# Can goats eat lettuce?



## Dacaree

I have an abundance of lettuce and spinach is the garden, can I feed some to the goats?


----------



## Caprine Beings

You can feed small quantities at a time and be aware that spinach is high in iron: thus depletes copper and selenium absorption. Tammy


----------



## Sondra

SURE like Tammy said in small amounts


----------



## buckrun

The oxalic acid in Spinach binds calcium. mine won't eat it. They do however love parsley which is also high in oxalic acid.
L~


----------



## Sondra

Just wondering why you aren't freezing your spinach for yourself


----------



## Caprine Beings

Okay found this site:

http://www.juicing-for-health.com/spinach-nutrition.html

and this one is really cool:

http://www.sciencedaily.com/releases/1998/06/980604114651.htm


----------



## mamatomany

Love juicing! I fed my girls a bunch a lettuce, I had major excesss of and one scoured a bit...actually I didn't the kiddos did  no worse for the wear. At least it was organic from my community garden


----------



## Madfarmer

My very first goat, circa 1970, escaped one day while we weren't home.

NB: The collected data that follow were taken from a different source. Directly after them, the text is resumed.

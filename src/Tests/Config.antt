-- ===== src/Tests/Config.antt =====
-- Keys, signatures, the configuration and the client at concrete inputs.
use myblockchain.Prelude.{
  ℕ, ◌+◌, ◌≡◌, ◌≢◌, ◌↔◌, refl, List, [], ◌∷◌, true, Option, none, some, if◌then◌else◌, String,
  string_key, arith, length,
}
use myblockchain.CryptoSign.{OpenSsl, Verdict, CryptoSign, Attempts, Files, rsa_decrypt}
use myblockchain.CryptoSign.Keys.{rsa_decrypt_lem}
use myblockchain.YamlConfig.{
  Yaml, get_block_server_ips, ips_under, all_strings, get_block_server_const, remote_receivers,
  remote_receivers-get_block_server_const,
}
use myblockchain.User.{UserLibrary, run, Counted, run_lem}

-- A signature is the message itself; a file has the number of the pair and the password.
abbrev toy_verify : String → String → Option ℕ → Verdict × String
toy_verify c signature none = (Verdict.error, c)
toy_verify c signature (some key) =
    (if string_key.beq c signature then Verdict.accepted else Verdict.refused, c)

abbrev toy_read : Option (ℕ × String) → String → Option ℕ
toy_read none password = none
toy_read (some (rsa, text)) password = if string_key.beq text password then some rsa else none

abbrev pub toy_ssl : OpenSsl
toy_ssl = record {
  Context = String;
  PublicKey = ℕ;
  PrivateKey = ℕ;
  Rsa = ℕ;
  File = Option (ℕ × String);
  empty_file = none;
  md_init = λ c. "";
  sign_init = λ c. (true, c);
  sign_update = λ c message. (true, message);
  sign_final = λ c key. (true, c, c);
  verify_init = λ c. (true, c);
  verify_update = λ c message. (true, message);
  verify_final = toy_verify;
  public_of = λ rsa. rsa;
  private_of = λ rsa. rsa;
  write_public = λ rsa. some (rsa, "");
  write_private = λ rsa password. some (rsa, password);
  read_public = λ file. toy_read file "";
  read_private = toy_read;
  read-write_public = λ rsa. refl;
  read-write_private = λ rsa password. rw ((string_key.beq_iff password password).1 refl) refl;
}

abbrev pub all_work : Attempts
all_work = record {
  bio_new = true;
  write_filename = true;
  pem_public = true;
  bio_new_file = true;
  pem_private = true;
}

abbrev pub no_files : Files toy_ssl
no_files name = none

-- An object whose public key could not be read.
abbrev no_key : CryptoSign toy_ssl
no_key = record { md_context = ""; pub_key = none; piv_key = some 7 }

rsa_decrypt_lem_example :
    ((rsa_decrypt toy_ssl "message" "forged" no_key).0 ≡ true)
    ↔ ((true ≡ true) × (true ≡ true) × (Verdict.error ≢ Verdict.refused))
rsa_decrypt_lem_example = rsa_decrypt_lem toy_ssl "message" "forged" no_key

-- A document: a text with its children, or a list of texts.
pub data Document : Type 0 where
  text : String → Document
  sequence : List String → Document
  mapping : List (String × List String) → Document

abbrev find : List (String × List String) → String → Option Document
find [] key = none
find ((name, ips) ∷ rest) key =
    if string_key.beq name key then some (sequence ips) else find rest key

abbrev texts : List String → List Document
texts [] = []
texts (t ∷ ts) = text t ∷ texts ts

abbrev elements : Document → List Document
elements (text t) = []
elements (sequence ts) = texts ts
elements (mapping entries) = []

abbrev toy_yaml : Yaml
toy_yaml = record {
  Node = Document;
  child = λ node key. elim node [ mapping entries ↦ find entries key | _ ↦ none ];
  items = elements;
  size = λ node. length (elements node);
  as_string = λ node. elim node [ text t ↦ some t | _ ↦ none ];
  as_bool = λ node. none;
  size_items = λ node. refl;
}

abbrev two_servers : Document
two_servers = mapping (("server_ips", "10.0.0.1" ∷ "10.0.0.2" ∷ []) ∷ [])

remote_receivers-get_block_server_const_example :
    length (remote_receivers toy_yaml "10.0.0.1" ("10.0.0.1" ∷ "10.0.0.2" ∷ [])) + 1
    ≡ get_block_server_const toy_yaml two_servers
unfolding get_block_server_ips ips_under all_strings
remote_receivers-get_block_server_const_example =
    remote_receivers-get_block_server_const toy_yaml two_servers "10.0.0.1"
      ("10.0.0.1" ∷ "10.0.0.2" ∷ []) refl refl

abbrev toy_library : UserLibrary
toy_library = record {
  gcounter_payload = "lhx";
  payload_as_string = λ p. p.header;
  blank = "";
  stoi = λ text. none;
}

run_lem_example :
    Counted toy_ssl toy_library 5
      (1644537600 ∷ 1644537600 ∷ [])
      (run toy_ssl toy_library (1644537600 ∷ 1644537600 ∷ []) 5 no_key)
run_lem_example =
    run_lem toy_ssl toy_library (1644537600 ∷ 1644537600 ∷ []) 5 no_key
      (omega arith, (omega arith, tt)) (omega arith)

Straight to the garden. I had a long row of beautiful romaine lettuce. It looked like it had been cut with the lawnmower! :rofl :/ Yeah, goats can eat lettuce!

Tom


----------



## MDR Farms

:yeahthat
After milking one time I left her in the stand while I went to change water and forgot to put her back...right down the shoot to the garden and ate half the spinach and all the lettuce (which we had been keeping alive all winter by cover with plastic every night).


----------



## Dacaree

I did freeze quit a bit of it, but life kinda of got in the way and didn't get to pick it for about 1 1/2 weeks, now it is already seeding. We are definitely eating alot of salads right now. I had never planted spinach or lettuce so did not realize how much it was going to produce. Will know better next time. The chickens are getting some, I just wanted to make sure it would not cause the goats to colic or bloat.


----------



## Sondra

If you give too much at once time then yes they will have a problem just like with anything new.


----------